Propylene Glycol can be lethal to cats. According to the FDA (who, if you remember, has pronounced it safe), "Reports in the veterinary literature of scientifically sound studies have shown that propylene glycol reduces the red blood cell survival time, renders red blood cells more susceptible to oxidative damage, and has other adverse effects in cats consuming the substance at levels found in soft-moist food. In light of these new data, CVM amended the regulations to expressly prohibit the use of propylene glycol in cat foods." So, it can't be used in cat food any more.


I don't want no Propylene Glycol!
I don't want no Propylene Glycol!

What can you do about it?

Here's my problem with Propylene Glycol: Just because you can use something, does not mean that you should. There are many safer alternatives to this chemical that can be used instead of it. Not only does the currently available research show that Propylene Glycol can be an irritant, but it also confirms that it can be mutagenic and toxic, which is harmful not only for humans, but it can also affect animals and the environment. When degrading, Propylene Glycol can damage aquatic life, as it consumes oxygen that fish and other aquatic organisms require for survival.

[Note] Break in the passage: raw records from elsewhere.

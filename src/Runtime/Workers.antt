-- ===== src/Runtime/Workers.antt =====
-- runtime/JobDispatch: WorkerPool, the threads. `std::thread::hardware_concurrency()` is an
-- argument; a thread is a Boolean, true while it can be joined. Join waits for the workers' loops
-- to end, which they do once `running` is false.
use mmo_server.Common.{
  ℕ, zero, suc, ◌+◌, ◌%◌, ◌^◌, Bool, true, false, not, ◌||◌, update, ltb, ◌==◌, if◌then◌else◌,
}

pub record WorkerThread : Type 0 where
  pub joinable : Bool
  pub worker_index : ℕ
  pub executed_tasks : ℕ
  pub steal_count : ℕ

-- Which of the three pointers are set.
pub record WorkerPoolConfig : Type 0 where
  pub executor : Bool
  pub ready_queue : Bool
  pub completion_sink : Bool

pub record WorkerPool : Type 0 where
  pub config : WorkerPoolConfig
  pub running : Bool
  pub active_worker_count : ℕ
  pub threads : ℕ → WorkerThread
  pub contexts : ℕ → ℕ

abbrev pub max_hardware_workers : ℕ
max_hardware_workers = 32

abbrev pub construct : WorkerPool
construct = record {
  config = record { executor = false; ready_queue = false; completion_sink = false };
  running = false;
  active_worker_count = 0;
  threads = λ _. record { joinable = false; worker_index = 0; executed_tasks = 0; steal_count = 0 };
  contexts = λ _. 0;
}

-- `static_cast<std::uint16_t>`, and the range test that falls back to one worker.
unfoldable pub worker_count : ℕ → ℕ
worker_count hardware =
    let n = hardware % 2 ^ 16 in if (n == 0) || ltb max_hardware_workers n then 1 else n

-- The loop that starts the threads, with `n` rounds left and `i` the counter.
unfoldable pub start_threads : ℕ → ℕ → WorkerPool → WorkerPool
start_threads zero i p = p
start_threads (suc n) i p = start_threads n (i + 1) (record p {
  contexts = update p.contexts i i;
  threads =
      update p.threads i
        (record { joinable = true; worker_index = i; executed_tasks = 0; steal_count = 0 });
})

unfoldable pub start : WorkerPool → WorkerPoolConfig → ℕ → Bool × WorkerPool
unfolding worker_count start_threads
start p config hardware =
    if p.running
    then (false, p)
    else if not config.executor || (not config.completion_sink || not config.ready_queue)
    then (false, p)
    else (
      true,
      start_threads (worker_count hardware) 0 (record p {
        config = config;
        active_worker_count = worker_count hardware;
        running = true;
      }),
    )

unfoldable pub stop : WorkerPool → WorkerPool
stop p = record p { running = false }

unfoldable pub join_threads : ℕ → ℕ → WorkerPool → WorkerPool
join_threads zero i p = p
join_threads (suc n) i p = join_threads n (i + 1) (
    if (p.threads i).joinable
    then record p { threads = update p.threads i (record (p.threads i) { joinable = false }) }
    else p)

unfoldable pub join : WorkerPool → WorkerPool
unfolding join_threads
join p = record (join_threads p.active_worker_count 0 p) { active_worker_count = 0 }
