-- ===== src/Runtime/Dispatch.antt =====
-- runtime/JobDispatch: JobDispatch, which runs the tasks of a phase in the order of the graph.
-- The ready queue is what an MPMCQueue of 256 task ids holds (Queue.Fifo). The counters that the
-- threads share are written out with their wrap-around: `std::uint32_t` dependencies and active
-- tasks, a `std::uint64_t` epoch. The asserts are off, as in a release build, so a full ready queue
-- drops the task. `drain` is the life of one worker while the main thread waits: a worker that
-- finds the queue empty yields, and the main thread goes on when no task is active.
pub mod Setup
pub mod Counting
pub mod Edges
pub mod Draining
pub mod Completion
pub mod Seeding
pub mod Opening
pub mod Phases
pub mod Concurrent
use mmo_server.Common.{
  ℕ, zero, suc, ◌+◌, ◌-◌, ◌%◌, ◌^◌, Bool, true, false, not, ◌&&◌, Option, none, some, List, [], ◌∷◌,
  ◌++◌, update, ltb, ◌==◌, if◌then◌else◌,
}
use mmo_server.Queue.Fifo
use mmo_server.Queue.Fifo.{enqueues, dequeues}
use mmo_server.Runtime.Phase.{RuntimePhaseId, phase_index, RuntimeContext}
use mmo_server.Runtime.Graph.{TaskGraph, TaskNode, PhaseRange, max_nodes, get_node}
use mmo_server.Runtime.Registry.{TaskRegistry, TaskFunction, resolve, validate}
use mmo_server.Runtime.Workers.{WorkerPool, WorkerPoolConfig}
use mmo_server.Runtime.Workers

pub record JobDispatch : Type 0 where
  pub task_graph : Option TaskGraph
  pub runtime_context : Option RuntimeContext
  pub registry : Option TaskRegistry
  pub current_phase : RuntimePhaseId
  pub worker_pool : WorkerPool
  pub ready_queue : List ℕ
  pub runtime_state : ℕ → ℕ
  pub active_task_count : ℕ
  pub phase_epoch : ℕ
  pub running : Bool

abbrev pub construct : JobDispatch
construct = record {
  task_graph = none;
  runtime_context = none;
  registry = none;
  current_phase = RuntimePhaseId.input;
  worker_pool = Workers.construct;
  ready_queue = [];
  runtime_state = λ _. 0;
  active_task_count = 0;
  phase_epoch = 0;
  running = false;
}

-- The configuration that Initialize hands to the pool: all three pointers are set.
abbrev pub own_config : WorkerPoolConfig
own_config = record { executor = true; ready_queue = true; completion_sink = true }

unfoldable pub initialize :
    JobDispatch → TaskGraph → RuntimeContext → TaskRegistry → ℕ → Bool × JobDispatch
initialize d g context r hardware =
    if d.running
    then (false, d)
    else if not (validate r g)
    then (false, d)
    else let bound = record d {
      task_graph = some g;
      runtime_context = some context;
      registry = some r;
    } in
      let (started, pool) = Workers.start d.worker_pool own_config hardware in
      if not started
      then (false, record bound { worker_pool = pool })
      else (true, record bound { worker_pool = pool; running = true })

-- The context after a call of the function, if there is one.
unfoldable pub call_function : Option TaskFunction → Option RuntimeContext → Option RuntimeContext
call_function none context = context
call_function (some f) none = none
call_function (some f) (some context) = some (f context)

unfoldable pub execute_task : JobDispatch → TaskRegistry → ℕ → JobDispatch
unfolding call_function
execute_task d r task = record d {
  runtime_context = call_function (resolve r task) d.runtime_context;
}

-- The loop of BuildRuntimeState, with `n` rounds left and `i` the counter.
unfoldable pub build_from : TaskGraph → ℕ → ℕ → (ℕ → ℕ) → ℕ → ℕ
build_from g zero i state = state
build_from g (suc n) i state =
    build_from g n (i + 1) (update state (g.nodes i).id (g.nodes i).parent_count)

unfoldable pub build_runtime_state : TaskGraph → JobDispatch → JobDispatch
unfolding build_from
build_runtime_state g d = record d { runtime_state = build_from g g.node_count 0 d.runtime_state }

-- `m_readyQueue.Enqueue(id); m_activeTaskCount.fetch_add(1)`
unfoldable pub submit : JobDispatch → ℕ → JobDispatch
unfolding Fifo.step
submit d id = record d {
  ready_queue = (Fifo.step max_nodes d.ready_queue (enqueues id)).1;
  active_task_count = (d.active_task_count + 1) % 2 ^ 32;
}

-- The loop of SeedReadyQueue, with `n` rounds left and `i` the node's index.
unfoldable pub seed_from : TaskGraph → ℕ → ℕ → JobDispatch → JobDispatch
unfolding submit
seed_from g zero i d = d
seed_from g (suc n) i d =
    seed_from g n (i + 1)
      (if d.runtime_state (g.nodes i).id == 0 then submit d (g.nodes i).id else d)

unfoldable pub seed_ready_queue : TaskGraph → JobDispatch → JobDispatch
unfolding seed_from
seed_ready_queue g d =
    seed_from g (g.phase_ranges d.current_phase).count (g.phase_ranges d.current_phase).begin d

-- One edge of ReleaseSuccessors: `fetch_sub` on the child, and the child is submitted if it waited
-- for this parent only and belongs to the current phase.
unfoldable pub release_child : TaskGraph → JobDispatch → ℕ → JobDispatch
unfolding submit
release_child g d child =
    let left = record d {
      runtime_state = update d.runtime_state child ((d.runtime_state child + 2 ^ 32 - 1) % 2 ^ 32);
    } in
    if d.runtime_state child == 1
    then (if phase_index (get_node g child).phase_id == phase_index d.current_phase
        then submit left child
        else left)
    else left

-- The loop of ReleaseSuccessors, with `n` rounds left and `e` the index in the edge table.
unfoldable pub release_from : TaskGraph → ℕ → ℕ → JobDispatch → JobDispatch
unfolding release_child
release_from g zero e d = d
release_from g (suc n) e d = release_from g n (e + 1) (release_child g d (g.child_task_ids e))

unfoldable pub release_successors : TaskGraph → JobDispatch → ℕ → JobDispatch
unfolding release_from
release_successors g d task =
    release_from g (get_node g task).child_count (get_node g task).dependency_offset d

unfoldable pub on_task_completed : TaskGraph → JobDispatch → ℕ → JobDispatch
unfolding release_successors
on_task_completed g d task =
    let released = release_successors g d task in
    record released {
      active_task_count = (released.active_task_count + 2 ^ 32 - 1) % 2 ^ 32;
      phase_epoch =
          if released.active_task_count == 1
          then (released.phase_epoch + 1) % 2 ^ 64
          else released.phase_epoch;
    }

-- One round of WorkerLoop with task `id` taken from the queue.
unfoldable pub work : TaskGraph → TaskRegistry → JobDispatch → ℕ → JobDispatch
unfolding execute_task on_task_completed
work g r d id = on_task_completed g (execute_task d r id) id

-- The rounds of a pool's only worker until the queue is empty, with no other thread in between, with
-- the tasks that ran, in order; `none` when the fuel runs out. Dispatch/Concurrent has any number of
-- workers.
unfoldable pub drain : ℕ → TaskGraph → TaskRegistry → JobDispatch → Option (List ℕ × JobDispatch)
unfolding work
drain zero g r d = none
drain (suc fuel) g r d = elim d.ready_queue [
  | [] ↦ some ([], d)
  | id ∷ rest ↦ elim (drain fuel g r (work g r (record d { ready_queue = rest }) id)) [
    | none ↦ none
    | some (ids, d') ↦ some (id ∷ ids, d')
  ]
]

-- ExecutePhase behind its guard, up to the seeded queue.
unfoldable pub open_phase : TaskGraph → JobDispatch → RuntimePhaseId → JobDispatch
unfolding build_runtime_state seed_ready_queue
open_phase g d phase =
    let entered = record d { current_phase = phase } in
    seed_ready_queue g (if phase_index phase == 0 then build_runtime_state g entered else entered)

-- ExecutePhase in the schedule in which the pool's only worker starts on the phase once it is seeded
-- and the main thread looks at the count of active tasks when the queue is empty: the return value, the
-- tasks that ran and the state. WaitForPhaseCompletion returns when no task is left active; `none` when
-- the fuel runs out or, with tasks active and none queued, the main thread waits for ever.
unfoldable pub execute_phase :
    ℕ
    → TaskGraph
    → TaskRegistry
    → JobDispatch
    → RuntimePhaseId
    → Option (Bool × List ℕ × JobDispatch)
unfolding open_phase drain
execute_phase fuel g r d phase =
    if not d.running then some (false, [], d) else elim (drain fuel g r (open_phase g d phase)) [
      | none ↦ none
      | some (ids, d') ↦ if d'.active_task_count == 0 then some (true, ids, d') else none
    ]

-- The store loop of Shutdown clears every entry of the array.
unfoldable pub shutdown : JobDispatch → JobDispatch
shutdown d = if not d.running then d else record d {
  running = false;
  worker_pool = Workers.join (Workers.stop d.worker_pool);
  active_task_count = 0;
  phase_epoch = 0;
  current_phase = RuntimePhaseId.input;
  runtime_state = λ _. 0;
  task_graph = none;
  runtime_context = none;
  registry = none;
}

My advice is: Always read ingredient listings. On everything. Know what you eat or use on your body. Propylene Glycol is commonly found in following personal care products:

     ■  stick deodorant
     ■  soap
     ■  make-up products
     ■  moisturiser
     ■  toothpaste & mouthwash
     ■  hair colour
     ■  ...and many, many more

I believe that repeated exposure to numerous chemicals that are present in our everyday life is a problem. By reducing the amount of different ingredients we are exposed to, we can help our bodies to detox, without constantly overloading them. Every chemical that enters our organs needs to be identified, recognised and neutralised by the immune system. Why make this job harder?

What do you know about Propylene Glycol, and what products have you encountered it in? Let me know in your comments!